WHAT IS REQUIRED ▸ Provide an exact repetition of every entry, with no word altered.

Saved entries
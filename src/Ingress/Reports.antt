-- ===== src/Ingress/Reports.antt =====
-- On internal/controller/ingress_proxy_controller.go.
-- The errors that the ingress reconciler returns, and how many calls it makes.
use netmaker_k8s_ops.Base.{String, ◌==◌, refl, Option, none, some, Env, arith, index}
use netmaker_k8s_ops.Kube.{Key, Service, Pod}
use netmaker_k8s_ops.Kube.Client.{Result}
use netmaker_k8s_ops.Kube.Calls.{Anything}
use netmaker_k8s_ops.Kube.Reports.{
  Reports, Reports-bind, Reports-if, Reports-le, Ended, Branch, Never, NoError, IsOf, FineReply,
  FailedReply, read_failure, wrap_error-IsOf, reply-FailedReply, read-Reports,
}
use netmaker_k8s_ops.Egress.Token.{token_in}
use netmaker_k8s_ops.Ingress.Token.{
  or_operator_token, get_netclient_token, build_netclient_env_vars,
}
use netmaker_k8s_ops.Ingress.Build.{proxy_pod, build_proxy_pod}
use netmaker_k8s_ops.Ingress.{
  create_proxy_pod, on_existing, ensure_proxy_pod, delete_found, dispatch, cleanup_proxy_pod,
  on_service, reconcile, is_ingress_enabled,
}

module _ (env : Env) (service : Service) where
  or_operator_token-Reports :
      (found : Option String) → Reports Anything Never 1 (or_operator_token env service found)
  unfolding or_operator_token
  or_operator_token-Reports (some token) = tt
  or_operator_token-Reports none = λ r. tt

  token-Reports : Reports Anything Never 2 (get_netclient_token env service)
  unfolding get_netclient_token
  token-Reports = λ own. or_operator_token-Reports (token_in _ own)

  build-Reports : (name : String) → Reports Anything Never 3 (build_proxy_pod env service name)
  unfolding build_proxy_pod build_netclient_env_vars proxy_pod
  build-Reports name =
      Reports-bind Anything Never Anything Never 2 1 3 (get_netclient_token env service) _
        (omega arith) token-Reports (λ token _ own. tt) (λ e a h. absurd h)

  create-Reports : Reports NoError IsOf 4 (create_proxy_pod env service)
  unfolding create_proxy_pod
  create-Reports =
      Reports-bind Anything Never NoError IsOf 3 1 4 (build_proxy_pod env service _) _ (omega arith)
        (build-Reports _) (λ _ _. wrap_error-IsOf _) (λ e a h. absurd h)

  existing-Reports :
      (found : Result Pod)
      → Branch
          (read_failure found)
          (Reports NoError IsOf 4 (on_existing env (ensure_proxy_pod env 0) service found))
          (λ e. Ended NoError IsOf e (on_existing env (ensure_proxy_pod env 0) service found))
  unfolding on_existing
  existing-Reports =
      read-Reports NoError IsOf 4 (on_existing env (ensure_proxy_pod env 0) service) (λ pod. refl)
        (λ e missing. rw missing create-Reports) (λ e other. rw other refl)

  ensure-Reports : Reports NoError IsOf 5 (ensure_proxy_pod env 1 service)
  unfolding ensure_proxy_pod
  ensure-Reports = existing-Reports

delete-Reports :
    (found : Result Pod)
    → Branch
        (read_failure found)
        (Reports FineReply FailedReply 1 (delete_found found))
        (λ e. Ended FineReply FailedReply e (delete_found found))
unfolding delete_found
delete-Reports =
    read-Reports FineReply FailedReply 1 delete_found (λ pod. reply-FailedReply)
      (λ e missing. rw missing (refl, refl)) (λ e other. rw other (refl, refl))

cleanup-Reports : (k : Key) → Reports FineReply FailedReply 5 (cleanup_proxy_pod k)
unfolding cleanup_proxy_pod
cleanup-Reports k =
    Reports-le FineReply FailedReply 2 5 (cleanup_proxy_pod k) (omega arith) delete-Reports

on_service-Reports :
    (env : Env) (k : Key) (service : Service)
    → Reports FineReply FailedReply 5 (on_service env k service)
unfolding on_service
on_service-Reports env k service =
    Reports-if FineReply FailedReply 5 (is_ingress_enabled service) _ _
      (Reports-if FineReply FailedReply 5
        (index service.annotations "netmaker.io/egress" == "enabled") _ _ (refl, refl)
        (Reports-bind NoError IsOf FineReply FailedReply 5 0 5 (ensure_proxy_pod env 1 service) _
          (omega arith) (ensure-Reports env service) (λ o fine. (refl, fine))
          (λ e o fails. (refl, fails))))
      (cleanup-Reports k)

dispatch-Reports :
    (env : Env) (k : Key) (found : Result Service)
    → Branch
        (read_failure found)
        (Reports FineReply FailedReply 5 (dispatch env k found))
        (λ e. Ended FineReply FailedReply e (dispatch env k found))
unfolding dispatch
dispatch-Reports env k =
    read-Reports FineReply FailedReply 5 (dispatch env k) (on_service-Reports env k)
      (λ e missing. rw missing (cleanup-Reports k)) (λ e other. rw other (refl, refl))

pub reconcile-Reports : (env : Env) (k : Key) → Reports FineReply FailedReply 6 (reconcile env k)
unfolding reconcile
reconcile-Reports env k = dispatch-Reports env k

REPLY ▸
filename src/Ingress/Reports.antt
-- ===== src/Ingress/Reports.antt =====
-- On internal/controller/ingress_proxy_controller.go.
-- The errors that the ingress reconciler returns, and how many calls it makes.
use netmaker_k8s_ops.Base.{String, ◌==◌, refl, Option, none, some, Env, arith, index}
use netmaker_k8s_ops.Kube.{Key, Service, Pod}
use netmaker_k8s_ops.Kube.Client.{Result}
use netmaker_k8s_ops.Kube.Calls.{Anything}
use netmaker_k8s_ops.Kube.Reports.{
  Reports, Reports-bind, Reports-if, Reports-le, Ended, Branch, Never, NoError, IsOf, FineReply,
  FailedReply, read_failure, wrap_error-IsOf, reply-FailedReply, read-Reports,
}
use netmaker_k8s_ops.Egress.Token.{token_in}
use netmaker_k8s_ops.Ingress.Token.{
  or_operator_token, get_netclient_token, build_netclient_env_vars,
}
use netmaker_k8s_ops.Ingress.Build.{proxy_pod, build_proxy_pod}
use netmaker_k8s_ops.Ingress.{
  create_proxy_pod, on_existing, ensure_proxy_pod, delete_found, dispatch, cleanup_proxy_pod,
  on_service, reconcile, is_ingress_enabled,
}

module _ (env : Env) (service : Service) where
  or_operator_token-Reports :
      (found : Option String) → Reports Anything Never 1 (or_operator_token env service found)
  unfolding or_operator_token
  or_operator_token-Reports (some token) = tt
  or_operator_token-Reports none = λ r. tt

  token-Reports : Reports Anything Never 2 (get_netclient_token env service)
  unfolding get_netclient_token
  token-Reports = λ own. or_operator_token-Reports (token_in _ own)

  build-Reports : (name : String) → Reports Anything Never 3 (build_proxy_pod env service name)
  unfolding build_proxy_pod build_netclient_env_vars proxy_pod
  build-Reports name =
      Reports-bind Anything Never Anything Never 2 1 3 (get_netclient_token env service) _
        (omega arith) token-Reports (λ token _ own. tt) (λ e a h. absurd h)

  create-Reports : Reports NoError IsOf 4 (create_proxy_pod env service)
  unfolding create_proxy_pod
  create-Reports =
      Reports-bind Anything Never NoError IsOf 3 1 4 (build_proxy_pod env service _) _ (omega arith)
        (build-Reports _) (λ _ _. wrap_error-IsOf _) (λ e a h. absurd h)

  existing-Reports :
      (found : Result Pod)
      → Branch
          (read_failure found)
          (Reports NoError IsOf 4 (on_existing env (ensure_proxy_pod env 0) service found))
          (λ e. Ended NoError IsOf e (on_existing env (ensure_proxy_pod env 0) service found))
  unfolding on_existing
  existing-Reports =
      read-Reports NoError IsOf 4 (on_existing env (ensure_proxy_pod env 0) service) (λ pod. refl)
        (λ e missing. rw missing create-Reports) (λ e other. rw other refl)

  ensure-Reports : Reports NoError IsOf 5 (ensure_proxy_pod env 1 service)
  unfolding ensure_proxy_pod
  ensure-Reports = existing-Reports

delete-Reports :
    (found : Result Pod)
    → Branch
        (read_failure found)
        (Reports FineReply FailedReply 1 (delete_found found))
        (λ e. Ended FineReply FailedReply e (delete_found found))
unfolding delete_found
delete-Reports =
    read-Reports FineReply FailedReply 1 delete_found (λ pod. reply-FailedReply)
      (λ e missing. rw missing (refl, refl)) (λ e other. rw other (refl, refl))

cleanup-Reports : (k : Key) → Reports FineReply FailedReply 5 (cleanup_proxy_pod k)
unfolding cleanup_proxy_pod
cleanup-Reports k =
    Reports-le FineReply FailedReply 2 5 (cleanup_proxy_pod k) (omega arith) delete-Reports

on_service-Reports :
    (env : Env) (k : Key) (service : Service)
    → Reports FineReply FailedReply 5 (on_service env k service)
unfolding on_service
on_service-Reports env k service =
    Reports-if FineReply FailedReply 5 (is_ingress_enabled service) _ _
      (Reports-if FineReply FailedReply 5
        (index service.annotations "netmaker.io/egress" == "enabled") _ _ (refl, refl)
        (Reports-bind NoError IsOf FineReply FailedReply 5 0 5 (ensure_proxy_pod env 1 service) _
          (omega arith) (ensure-Reports env service) (λ o fine. (refl, fine))
          (λ e o fails. (refl, fails))))
      (cleanup-Reports k)

dispatch-Reports :
    (env : Env) (k : Key) (found : Result Service)
    → Branch
        (read_failure found)
        (Reports FineReply FailedReply 5 (dispatch env k found))
        (λ e. Ended FineReply FailedReply e (dispatch env k found))
unfolding dispatch
dispatch-Reports env k =
    read-Reports FineReply FailedReply 5 (dispatch env k) (on_service-Reports env k)
      (λ e missing. rw missing (cleanup-Reports k)) (λ e other. rw other (refl, refl))

pub reconcile-Reports : (env : Env) (k : Key) → Reports FineReply FailedReply 6 (reconcile env k)
unfolding reconcile
reconcile-Reports env k = dispatch-Reports env k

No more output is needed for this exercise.